[The problem]
Nothing in the records should differ when you write them out again.

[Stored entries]
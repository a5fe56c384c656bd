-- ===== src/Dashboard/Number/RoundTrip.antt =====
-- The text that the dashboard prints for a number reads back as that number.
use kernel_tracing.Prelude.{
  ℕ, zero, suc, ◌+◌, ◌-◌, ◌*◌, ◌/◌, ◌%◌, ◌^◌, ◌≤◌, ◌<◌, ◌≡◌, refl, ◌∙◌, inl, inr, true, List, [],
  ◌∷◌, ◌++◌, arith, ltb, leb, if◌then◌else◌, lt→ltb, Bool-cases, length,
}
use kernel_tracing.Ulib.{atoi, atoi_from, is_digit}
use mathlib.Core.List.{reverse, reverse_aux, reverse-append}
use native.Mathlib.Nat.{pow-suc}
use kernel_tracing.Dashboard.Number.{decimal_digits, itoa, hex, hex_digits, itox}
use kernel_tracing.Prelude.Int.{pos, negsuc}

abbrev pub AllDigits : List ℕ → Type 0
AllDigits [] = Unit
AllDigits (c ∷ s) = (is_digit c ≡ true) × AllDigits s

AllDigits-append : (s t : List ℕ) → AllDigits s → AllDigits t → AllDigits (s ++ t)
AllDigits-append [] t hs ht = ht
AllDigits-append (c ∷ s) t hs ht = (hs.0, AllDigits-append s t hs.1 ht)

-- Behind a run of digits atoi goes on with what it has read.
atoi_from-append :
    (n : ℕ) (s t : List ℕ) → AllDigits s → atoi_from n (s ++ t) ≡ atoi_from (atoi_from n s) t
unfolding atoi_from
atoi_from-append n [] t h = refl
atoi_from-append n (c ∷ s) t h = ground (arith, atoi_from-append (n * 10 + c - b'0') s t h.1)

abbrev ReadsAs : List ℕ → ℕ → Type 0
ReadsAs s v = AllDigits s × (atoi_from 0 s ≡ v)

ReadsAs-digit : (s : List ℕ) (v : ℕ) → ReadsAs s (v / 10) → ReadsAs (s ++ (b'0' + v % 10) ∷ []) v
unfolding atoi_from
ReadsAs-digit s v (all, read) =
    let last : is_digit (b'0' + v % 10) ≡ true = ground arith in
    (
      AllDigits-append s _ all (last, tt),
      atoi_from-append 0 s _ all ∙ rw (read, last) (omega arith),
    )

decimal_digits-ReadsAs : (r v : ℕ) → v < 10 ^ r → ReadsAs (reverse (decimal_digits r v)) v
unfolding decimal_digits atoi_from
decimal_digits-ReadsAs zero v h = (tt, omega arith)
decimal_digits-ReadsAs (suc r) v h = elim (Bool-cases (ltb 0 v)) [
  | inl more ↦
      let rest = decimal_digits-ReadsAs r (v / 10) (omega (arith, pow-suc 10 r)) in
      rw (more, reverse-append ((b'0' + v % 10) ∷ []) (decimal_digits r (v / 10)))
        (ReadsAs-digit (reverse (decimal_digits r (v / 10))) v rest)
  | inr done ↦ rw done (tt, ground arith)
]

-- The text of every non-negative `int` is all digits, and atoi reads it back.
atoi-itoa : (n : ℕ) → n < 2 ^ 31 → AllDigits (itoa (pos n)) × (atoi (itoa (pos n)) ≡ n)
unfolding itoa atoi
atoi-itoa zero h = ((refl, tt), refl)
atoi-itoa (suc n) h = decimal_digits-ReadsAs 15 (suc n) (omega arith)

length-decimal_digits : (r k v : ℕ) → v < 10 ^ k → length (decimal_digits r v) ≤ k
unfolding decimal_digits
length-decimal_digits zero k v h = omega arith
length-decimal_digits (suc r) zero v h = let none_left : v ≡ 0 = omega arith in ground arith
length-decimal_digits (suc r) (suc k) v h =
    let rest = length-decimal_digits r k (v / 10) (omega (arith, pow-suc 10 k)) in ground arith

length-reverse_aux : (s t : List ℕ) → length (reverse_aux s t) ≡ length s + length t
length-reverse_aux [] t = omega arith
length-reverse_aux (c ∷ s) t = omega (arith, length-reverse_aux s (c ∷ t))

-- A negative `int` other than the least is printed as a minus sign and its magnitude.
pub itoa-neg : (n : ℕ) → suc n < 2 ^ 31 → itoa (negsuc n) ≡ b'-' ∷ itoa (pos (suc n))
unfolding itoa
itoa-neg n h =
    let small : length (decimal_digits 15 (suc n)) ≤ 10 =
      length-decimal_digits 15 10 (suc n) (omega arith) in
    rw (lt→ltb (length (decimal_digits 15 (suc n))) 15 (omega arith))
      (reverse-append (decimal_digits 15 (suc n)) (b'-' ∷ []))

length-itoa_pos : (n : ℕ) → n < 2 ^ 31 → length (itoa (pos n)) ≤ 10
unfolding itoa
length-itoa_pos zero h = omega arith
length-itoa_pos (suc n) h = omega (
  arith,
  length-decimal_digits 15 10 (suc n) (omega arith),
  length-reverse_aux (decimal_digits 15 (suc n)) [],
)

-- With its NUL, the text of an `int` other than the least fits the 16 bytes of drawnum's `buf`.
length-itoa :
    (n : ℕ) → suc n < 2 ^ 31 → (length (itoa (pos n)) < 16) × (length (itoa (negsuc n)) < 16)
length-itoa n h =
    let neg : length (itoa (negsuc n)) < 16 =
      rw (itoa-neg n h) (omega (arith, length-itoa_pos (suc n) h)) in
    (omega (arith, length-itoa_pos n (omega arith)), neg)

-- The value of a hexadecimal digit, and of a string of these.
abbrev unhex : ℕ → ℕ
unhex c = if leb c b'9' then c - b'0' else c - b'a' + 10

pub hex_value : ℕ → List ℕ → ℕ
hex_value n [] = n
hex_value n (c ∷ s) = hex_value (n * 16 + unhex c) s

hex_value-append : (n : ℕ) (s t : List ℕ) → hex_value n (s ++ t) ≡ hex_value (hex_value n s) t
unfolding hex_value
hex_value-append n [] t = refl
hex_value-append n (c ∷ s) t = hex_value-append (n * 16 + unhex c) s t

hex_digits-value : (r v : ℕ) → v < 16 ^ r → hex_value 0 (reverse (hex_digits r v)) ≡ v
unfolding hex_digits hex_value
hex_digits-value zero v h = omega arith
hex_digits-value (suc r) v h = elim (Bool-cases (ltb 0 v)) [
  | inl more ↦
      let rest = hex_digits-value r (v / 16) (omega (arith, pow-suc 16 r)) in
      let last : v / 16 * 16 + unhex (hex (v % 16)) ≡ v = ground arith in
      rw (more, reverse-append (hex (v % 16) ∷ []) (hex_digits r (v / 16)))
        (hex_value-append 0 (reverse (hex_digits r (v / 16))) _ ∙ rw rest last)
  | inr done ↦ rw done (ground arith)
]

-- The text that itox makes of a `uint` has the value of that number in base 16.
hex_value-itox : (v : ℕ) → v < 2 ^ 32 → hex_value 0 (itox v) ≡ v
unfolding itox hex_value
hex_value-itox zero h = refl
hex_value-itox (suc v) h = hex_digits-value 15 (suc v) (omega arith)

[Exercise response]
repository a5fe56c384c656bd
-- ===== src/Dashboard/Number/RoundTrip.antt =====
-- The text that the dashboard prints for a number reads back as that number.
use kernel_tracing.Prelude.{
  ℕ, zero, suc, ◌+◌, ◌-◌, ◌*◌, ◌/◌, ◌%◌, ◌^◌, ◌≤◌, ◌<◌, ◌≡◌, refl, ◌∙◌, inl, inr, true, List, [],
  ◌∷◌, ◌++◌, arith, ltb, leb, if◌then◌else◌, lt→ltb, Bool-cases, length,
}
use kernel_tracing.Ulib.{atoi, atoi_from, is_digit}
use mathlib.Core.List.{reverse, reverse_aux, reverse-append}
use native.Mathlib.Nat.{pow-suc}
use kernel_tracing.Dashboard.Number.{decimal_digits, itoa, hex, hex_digits, itox}
use kernel_tracing.Prelude.Int.{pos, negsuc}

abbrev pub AllDigits : List ℕ → Type 0
AllDigits [] = Unit
AllDigits (c ∷ s) = (is_digit c ≡ true) × AllDigits s

AllDigits-append : (s t : List ℕ) → AllDigits s → AllDigits t → AllDigits (s ++ t)
AllDigits-append [] t hs ht = ht
AllDigits-append (c ∷ s) t hs ht = (hs.0, AllDigits-append s t hs.1 ht)

-- Behind a run of digits atoi goes on with what it has read.
atoi_from-append :
    (n : ℕ) (s t : List ℕ) → AllDigits s → atoi_from n (s ++ t) ≡ atoi_from (atoi_from n s) t
unfolding atoi_from
atoi_from-append n [] t h = refl
atoi_from-append n (c ∷ s) t h = ground (arith, atoi_from-append (n * 10 + c - b'0') s t h.1)

abbrev ReadsAs : List ℕ → ℕ → Type 0
ReadsAs s v = AllDigits s × (atoi_from 0 s ≡ v)

ReadsAs-digit : (s : List ℕ) (v : ℕ) → ReadsAs s (v / 10) → ReadsAs (s ++ (b'0' + v % 10) ∷ []) v
unfolding atoi_from
ReadsAs-digit s v (all, read) =
    let last : is_digit (b'0' + v % 10) ≡ true = ground arith in
    (
      AllDigits-append s _ all (last, tt),
      atoi_from-append 0 s _ all ∙ rw (read, last) (omega arith),
    )

decimal_digits-ReadsAs : (r v : ℕ) → v < 10 ^ r → ReadsAs (reverse (decimal_digits r v)) v
unfolding decimal_digits atoi_from
decimal_digits-ReadsAs zero v h = (tt, omega arith)
decimal_digits-ReadsAs (suc r) v h = elim (Bool-cases (ltb 0 v)) [
  | inl more ↦
      let rest = decimal_digits-ReadsAs r (v / 10) (omega (arith, pow-suc 10 r)) in
      rw (more, reverse-append ((b'0' + v % 10) ∷ []) (decimal_digits r (v / 10)))
        (ReadsAs-digit (reverse (decimal_digits r (v / 10))) v rest)
  | inr done ↦ rw done (tt, ground arith)
]

-- The text of every non-negative `int` is all digits, and atoi reads it back.
atoi-itoa : (n : ℕ) → n < 2 ^ 31 → AllDigits (itoa (pos n)) × (atoi (itoa (pos n)) ≡ n)
unfolding itoa atoi
atoi-itoa zero h = ((refl, tt), refl)
atoi-itoa (suc n) h = decimal_digits-ReadsAs 15 (suc n) (omega arith)

length-decimal_digits : (r k v : ℕ) → v < 10 ^ k → length (decimal_digits r v) ≤ k
unfolding decimal_digits
length-decimal_digits zero k v h = omega arith
length-decimal_digits (suc r) zero v h = let none_left : v ≡ 0 = omega arith in ground arith
length-decimal_digits (suc r) (suc k) v h =
    let rest = length-decimal_digits r k (v / 10) (omega (arith, pow-suc 10 k)) in ground arith

length-reverse_aux : (s t : List ℕ) → length (reverse_aux s t) ≡ length s + length t
length-reverse_aux [] t = omega arith
length-reverse_aux (c ∷ s) t = omega (arith, length-reverse_aux s (c ∷ t))

-- A negative `int` other than the least is printed as a minus sign and its magnitude.
pub itoa-neg : (n : ℕ) → suc n < 2 ^ 31 → itoa (negsuc n) ≡ b'-' ∷ itoa (pos (suc n))
unfolding itoa
itoa-neg n h =
    let small : length (decimal_digits 15 (suc n)) ≤ 10 =
      length-decimal_digits 15 10 (suc n) (omega arith) in
    rw (lt→ltb (length (decimal_digits 15 (suc n))) 15 (omega arith))
      (reverse-append (decimal_digits 15 (suc n)) (b'-' ∷ []))

length-itoa_pos : (n : ℕ) → n < 2 ^ 31 → length (itoa (pos n)) ≤ 10
unfolding itoa
length-itoa_pos zero h = omega arith
length-itoa_pos (suc n) h = omega (
  arith,
  length-decimal_digits 15 10 (suc n) (omega arith),
  length-reverse_aux (decimal_digits 15 (suc n)) [],
)

-- With its NUL, the text of an `int` other than the least fits the 16 bytes of drawnum's `buf`.
length-itoa :
    (n : ℕ) → suc n < 2 ^ 31 → (length (itoa (pos n)) < 16) × (length (itoa (negsuc n)) < 16)
length-itoa n h =
    let neg : length (itoa (negsuc n)) < 16 =
      rw (itoa-neg n h) (omega (arith, length-itoa_pos (suc n) h)) in
    (omega (arith, length-itoa_pos n (omega arith)), neg)

-- The value of a hexadecimal digit, and of a string of these.
abbrev unhex : ℕ → ℕ
unhex c = if leb c b'9' then c - b'0' else c - b'a' + 10

pub hex_value : ℕ → List ℕ → ℕ
hex_value n [] = n
hex_value n (c ∷ s) = hex_value (n * 16 + unhex c) s

hex_value-append : (n : ℕ) (s t : List ℕ) → hex_value n (s ++ t) ≡ hex_value (hex_value n s) t
unfolding hex_value
hex_value-append n [] t = refl
hex_value-append n (c ∷ s) t = hex_value-append (n * 16 + unhex c) s t

hex_digits-value : (r v : ℕ) → v < 16 ^ r → hex_value 0 (reverse (hex_digits r v)) ≡ v
unfolding hex_digits hex_value
hex_digits-value zero v h = omega arith
hex_digits-value (suc r) v h = elim (Bool-cases (ltb 0 v)) [
  | inl more ↦
      let rest = hex_digits-value r (v / 16) (omega (arith, pow-suc 16 r)) in
      let last : v / 16 * 16 + unhex (hex (v % 16)) ≡ v = ground arith in
      rw (more, reverse-append (hex (v % 16) ∷ []) (hex_digits r (v / 16)))
        (hex_value-append 0 (reverse (hex_digits r (v / 16))) _ ∙ rw rest last)
  | inr done ↦ rw done (ground arith)
]

-- The text that itox makes of a `uint` has the value of that number in base 16.
hex_value-itox : (v : ℕ) → v < 2 ^ 32 → hex_value 0 (itox v) ≡ v
unfolding itox hex_value
hex_value-itox zero h = refl
hex_value-itox (suc v) h = hex_digits-value 15 (suc v) (omega arith)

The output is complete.